■ Instructions for the task ■
Transcribe the lines of the records starting with the one that has "unfoldable pub reload" in it and ending with the last, and transcribe nothing else.

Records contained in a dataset
****************
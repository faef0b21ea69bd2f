-- ===== src/Gateway.antt =====
-- internal/gateway/gateway.go, `Gateway`: the state that requests share, `New`, `Reload`, and the
-- routes of `ServeHTTP`.
-- `Reload` stores several pointers one after the other; here it is one step, as no request runs
-- between two of them in the steps that are modelled.
pub mod Accounts
pub mod Answers
pub mod Frame
pub mod History
pub mod Reloading
pub mod Responses
pub mod Serving
pub mod Routing
mod Tests
use shepard.Base.{
  ℕ, ◌==◌, string_eq, ◌&&◌, ◌||◌, not, if◌then◌else◌, String, Bool, true, false, Option, none, some,
  List, [], ◌∷◌, ℤ, pos,
}
use shepard.Config.Types.{Config, ServerConfig}
use shepard.Queue.{RequestQueue, new_request_queue, set_max}
use shepard.Limiter
use shepard.Limiter.{LimitStore, new_limit_store}
use shepard.Discovery
use shepard.Discovery.{DiscoveryStore, new_discovery_store}
use shepard.Readiness
use shepard.Readiness.{ReadinessCache, new_readiness_cache}
use shepard.Acl.{
  Net, ClientAcl, NewAcl, created, invalid, new_client_acl, acl_contains, forwarded_client_ip,
}
use shepard.Identity.{Request, header_get, authorized}

-- A queue that is not enabled takes nobody.
unfoldable pub queue_size : ServerConfig → ℤ
queue_size s = elim s.queue.enabled [
  | none ↦ pos 0
  | some enabled ↦ if enabled then s.queue.max_size else pos 0
]

-- Why a gateway is not made or not reloaded. `bad_network` names the value.
pub data GatewayError : Type 0 where
  no_usage_store usage_db_changed : GatewayError
  bad_network : String → GatewayError

-- What `ServeHTTP` comes to: a response of its own, or one of the handlers.
pub data Handler : Type 0 where
  forbidden health ready unauthorized not_found : Handler
  opencode_config models usage_report metrics proxy : Handler

-- The switch, once the client is let in.
unfoldable pub dispatch : Request → Handler
dispatch r =
    if r.method == "GET" && r.path == "/opencode.json"
    then opencode_config
    else if r.method == "GET" && r.path == "/v1/models"
    then models
    else if r.method == "GET" && r.path == "/_shepard/usage"
    then usage_report
    else if r.method == "GET" && r.path == "/_shepard/metrics"
    then metrics
    else if r.method == "POST" && (r.path == "/v1/chat/completions" || r.path == "/v1/responses")
    then proxy
    else not_found

module _ (net : Net) where
  pub record Gateway : Type 0 where
    pub config : Config
    pub acl : ClientAcl net
    pub trusted : Option (ClientAcl net)
    pub discovery : DiscoveryStore
    pub readiness : ReadinessCache
    pub limits : LimitStore
    pub queue : RequestQueue
    pub usage_db_path : String

  -- No list of networks, no ACL to consult.
  unfoldable pub trusted_acl : List String → ClientAcl net → Option (ClientAcl net)
  trusted_acl [] acl = none
  trusted_acl (network ∷ networks) acl = some acl

  -- Both ACLs, or the first error.
  pub data Acls : Type 0 where
    acls_are : ClientAcl net → ClientAcl net → Acls
    acls_fail : String → Acls

  abbrev pub with_trusted : ClientAcl net → NewAcl net → Acls
  with_trusted acl (created trusted) = acls_are acl trusted
  with_trusted acl (invalid value) = acls_fail value

  abbrev pub with_clients : NewAcl net → NewAcl net → Acls
  with_clients (created acl) trusted = with_trusted acl trusted
  with_clients (invalid value) trusted = acls_fail value

  unfoldable pub acls_of : ServerConfig → Acls
  acls_of s =
      with_clients (new_client_acl net s.client_networks)
        (new_client_acl net s.trusted_proxy_networks)

  abbrev pub made : Config → Acls → Option GatewayError × Option Gateway
  made c (acls_fail value) = (some (bad_network value), none)
  made c (acls_are acl trusted) = (
    none,
    some (record {
      config = c;
      acl = acl;
      trusted = trusted_acl c.server.trusted_proxy_networks trusted;
      discovery = new_discovery_store;
      readiness = new_readiness_cache;
      limits = new_limit_store;
      queue = new_request_queue (queue_size c.server);
      usage_db_path = c.server.usage_db;
    }),
  )

  -- `opens` says whether the usage database opens.
  unfoldable pub new : Bool → Config → Option GatewayError × Option Gateway
  unfolding acls_of trusted_acl queue_size
  new opens c = if opens then made c (acls_of c.server) else (some no_usage_store, none)

  abbrev pub reloaded : Config → Gateway → Acls → Option GatewayError × Gateway
  reloaded c g (acls_fail value) = (some (bad_network value), g)
  reloaded c g (acls_are acl trusted) = (
    none,
    record g {
      config = c;
      acl = acl;
      trusted = trusted_acl c.server.trusted_proxy_networks trusted;
      queue = set_max (queue_size c.server) g.queue;
      discovery = Discovery.clear g.discovery;
      readiness = Readiness.clear g.readiness;
      limits = Limiter.clear g.limits;
    },
  )

  unfoldable pub reload : Config → Gateway → Option GatewayError × Gateway
  unfolding acls_of trusted_acl queue_size
  reload c g =
      if not (c.server.usage_db == g.usage_db_path)
      then (some usage_db_changed, g)
      else reloaded c g (acls_of c.server)

  unfoldable pub client_ip : Gateway → Request → Option net.Ip
  unfolding header_get
  client_ip g r =
      forwarded_client_ip net r.remote_addr (header_get "X-Forwarded-For" r.header) g.trusted

  unfoldable pub serve_http : Gateway → Request → Handler
  unfolding dispatch client_ip
  serve_http g r =
      if not (acl_contains net g.acl (client_ip g r))
      then forbidden
      else if r.path == "/healthz"
      then health
      else if r.path == "/readyz"
      then ready
      else if not (authorized r g.config.server.inbound_api_keys)
      then unauthorized
      else dispatch r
****************
■ Reply to the exercise ■
  unfoldable pub reload : Config → Gateway → Option GatewayError × Gateway
  unfolding acls_of trusted_acl queue_size
  reload c g =
      if not (c.server.usage_db == g.usage_db_path)
      then (some usage_db_changed, g)
      else reloaded c g (acls_of c.server)

  unfoldable pub client_ip : Gateway → Request → Option net.Ip
  unfolding header_get
  client_ip g r =
      forwarded_client_ip net r.remote_addr (header_get "X-Forwarded-For" r.header) g.trusted

  unfoldable pub serve_http : Gateway → Request → Handler
  unfolding dispatch client_ip
  serve_http g r =
      if not (acl_contains net g.acl (client_ip g r))
      then forbidden
      else if r.path == "/healthz"
      then health
      else if r.path == "/readyz"
      then ready
      else if not (authorized r g.config.server.inbound_api_keys)
      then unauthorized
      else dispatch r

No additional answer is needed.